Die heilsame Wirkung des Chantens

Singen ist ein Lebenselixier. Es sollte eigentlich ärztlich verschrieben werden, denn seine positive und heilsame Wirkung ist inzwischen wissenschaftlich erwiesen. Singen schüttet Glückshormone aus, stimuliert den Parasympathikus, was uns entspannen lässt, es wirkt sich regulierend auf das Herz-Kreislaufsystem aus, fördert die Entschlackung, regt die Durchblutung an, erhöht die Sauerstoffsättigung und damit die Konzentrationsfähigkeit, neuronale Verbindungen werden geknüpft… und das in jedem Alter.

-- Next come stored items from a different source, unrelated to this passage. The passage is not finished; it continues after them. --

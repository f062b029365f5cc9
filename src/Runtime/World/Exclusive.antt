-- ===== src/Runtime/World/Exclusive.antt =====
-- src/runtime.rs: no two workers are in the loop of one actor.
use runact.Prelude.{
  ℕ, suc, zero, ◌<◌, ◌≤◌, ◌≡◌, ◌≢◌, ◌==◌, ==_self, refl, ap, some, List, [], ◌∷◌, length,
  length-replicate, get_elem?, total, total-replicate, total-append, total-ge, total-ge_two,
  if◌then◌else◌, arith,
}
use runact.Any.{Types, Any}
use runact.Channel.{Channels}
use runact.Scheduler.WorkStealing.{Scheduler, running, top}
use runact.Scheduler.WorkStealing
use runact.Scheduler.WorkStealing.Conservation.{known, load, in_hand, spawned, run-known}
use runact.Scheduler.RunQueue
use runact.Runtime.{MessageEnvelope, ActorTask, RuntimeConfig}
use runact.Runtime.World.{Actors}
use runact.Runtime.World.Events.{Event, new, run}
use runact.Runtime.World.Schedule.{opened_by, numbers, Schedule, run-Schedule}

abbrev pub counts : ℕ → ℕ → ℕ
counts m k = if k == m then 1 else 0

-- Whether a task is the loop of mailbox `m`.
abbrev pub loop_of : ℕ → ActorTask → ℕ
loop_of m task = counts m task.mailbox

spawned-loop_of :
    (m : ℕ) (ts : List (WorkStealing.Event ActorTask))
    → spawned (loop_of m) ts ≡ total (counts m) (opened_by ts)
spawned-loop_of m [] = refl
spawned-loop_of m (WorkStealing.spawns task ∷ ts) = omega (arith, spawned-loop_of m ts)
spawned-loop_of m (WorkStealing.turns i ∷ ts) = spawned-loop_of m ts
spawned-loop_of m (WorkStealing.panics i ∷ ts) = spawned-loop_of m ts
spawned-loop_of m (WorkStealing.stops ∷ ts) = spawned-loop_of m ts

numbers-none : (m n : ℕ) → n ≤ m → total (counts m) (numbers n) ≡ 0
numbers-none m zero h = refl
numbers-none m (suc n) h =
    ground
      (arith, total-append (counts m) (numbers n) (n ∷ []), numbers-none m n (omega (arith, h)))

-- Each number is there once.
numbers-once : (m n : ℕ) → total (counts m) (numbers n) ≤ 1
numbers-once m zero = omega arith
numbers-once m (suc n) =
    ground (arith, total-append (counts m) (numbers n) (n ∷ []), numbers-once m n, numbers-none m n)

known-new : (w : ActorTask → ℕ) (n : ℕ) → known w (WorkStealing.new n) ≡ 0
unfolding WorkStealing.new RunQueue.new
known-new w n =
    omega
      (arith, total-replicate (load w) n RunQueue.new refl, total-replicate (in_hand w) n top refl)

-- The loop of a mailbox is a task at most once: queued, in a thread's hands, or over.
Schedule-once :
    (workers n : ℕ) (s : Scheduler ActorTask) (m : ℕ)
    → 0 < workers
    → Schedule (WorkStealing.new workers) n s
    → known (loop_of m) s ≤ 1
unfolding WorkStealing.new
Schedule-once workers n s m some_worker c = omega (
  arith,
  ap (known (loop_of m)) c.ends,
  run-known (loop_of m) (WorkStealing.new workers) c.events
      (omega (arith, some_worker, length-replicate workers (RunQueue.new {T = ActorTask}))),
  known-new (loop_of m) workers,
  spawned-loop_of m c.events,
  ap (total (counts m)) c.addresses,
  numbers-once m n,
)

-- From a new runtime with at least one worker, in every interleaving, with panics and with tasks that
-- are being stolen: two workers that are both in the loop of an actor are in the loops of different
-- mailboxes, so at most one thread handles the messages of an actor; and neither loop has
-- returned or panicked before.
pub run-exclusive :
    {u : Types} (ch : Channels (MessageEnvelope u)) (rch : Channels (Any u)) (A : Actors u)
    (num_workers : ℕ) (config : RuntimeConfig) (es : List (Event A)) (i j : ℕ)
    (task other : ActorTask)
    → 0 < num_workers
    → i ≢ j
    → let s = (run (new {ch = ch} {rch = rch} num_workers config) es).runtime.scheduler in
      get_elem? s.workers i ≡ some (running task)
      → get_elem? s.workers j ≡ some (running other)
      → (other.mailbox ≢ task.mailbox)
        × (total (loop_of task.mailbox) s.finished ≡ 0)
        × (total (loop_of task.mailbox) s.panicked ≡ 0)
run-exclusive ch rch A num_workers config es i j task other some_worker ne at at' =
    let w = run (new {ch = ch} {rch = rch} {A = A} num_workers config) es in
    let s = w.runtime.scheduler in
    let m = task.mailbox in
    let once =
      Schedule-once num_workers (length w.runtime.mailboxes) s m some_worker
        (run-Schedule ch rch A num_workers config es) in
    let mine = total-ge (in_hand (loop_of m)) s.workers i at in
    let both = total-ge_two (in_hand (loop_of m)) s.workers i j ne at at' in
    (
      λ same. ground (arith, once, both, same, ==_self m),
      ground (arith, once, mine, ==_self m),
      ground (arith, once, mine, ==_self m),
    )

Die Töne, die unsere Stimmbänder erzeugen, sind Schwingungen, die alle Resonnanzräume in unserem Körper mitschwingen lassen, Blockaden lösen. Wir sind im wahrsten Sinne des Wortes belebt und beschwingt. Das darf ich auch aus eigener Erfahrung bestätigen. Sänger, die abgespannt und gestresst vom Alltag ankamen, müde, leer, mit matten Augen, haben im Chanten zurück zur Freude gefunden und sind mit leuchtenden Augen nach Hause gegangen.

Im Gesang kann das einen Ausdruck oder ein Ventil finden, was sonst nicht ausgedrückt werden kann oder will. Und das gemeinsame Singen von spirituellen Liedern eröffnet uns die Chance, aus unserem Gedankenkarussell auszusteigen. Wir sind plötzlich ganz im Jetzt, achtsam nur in diesem Moment.

Außerdem erleben wir durch das aufeinander Hören ein verbindendes Gemeinschaftsgefühl, das Grenzen von Intellekt, Sprache, Weltanschauung oder Kultur hinweg überwindet.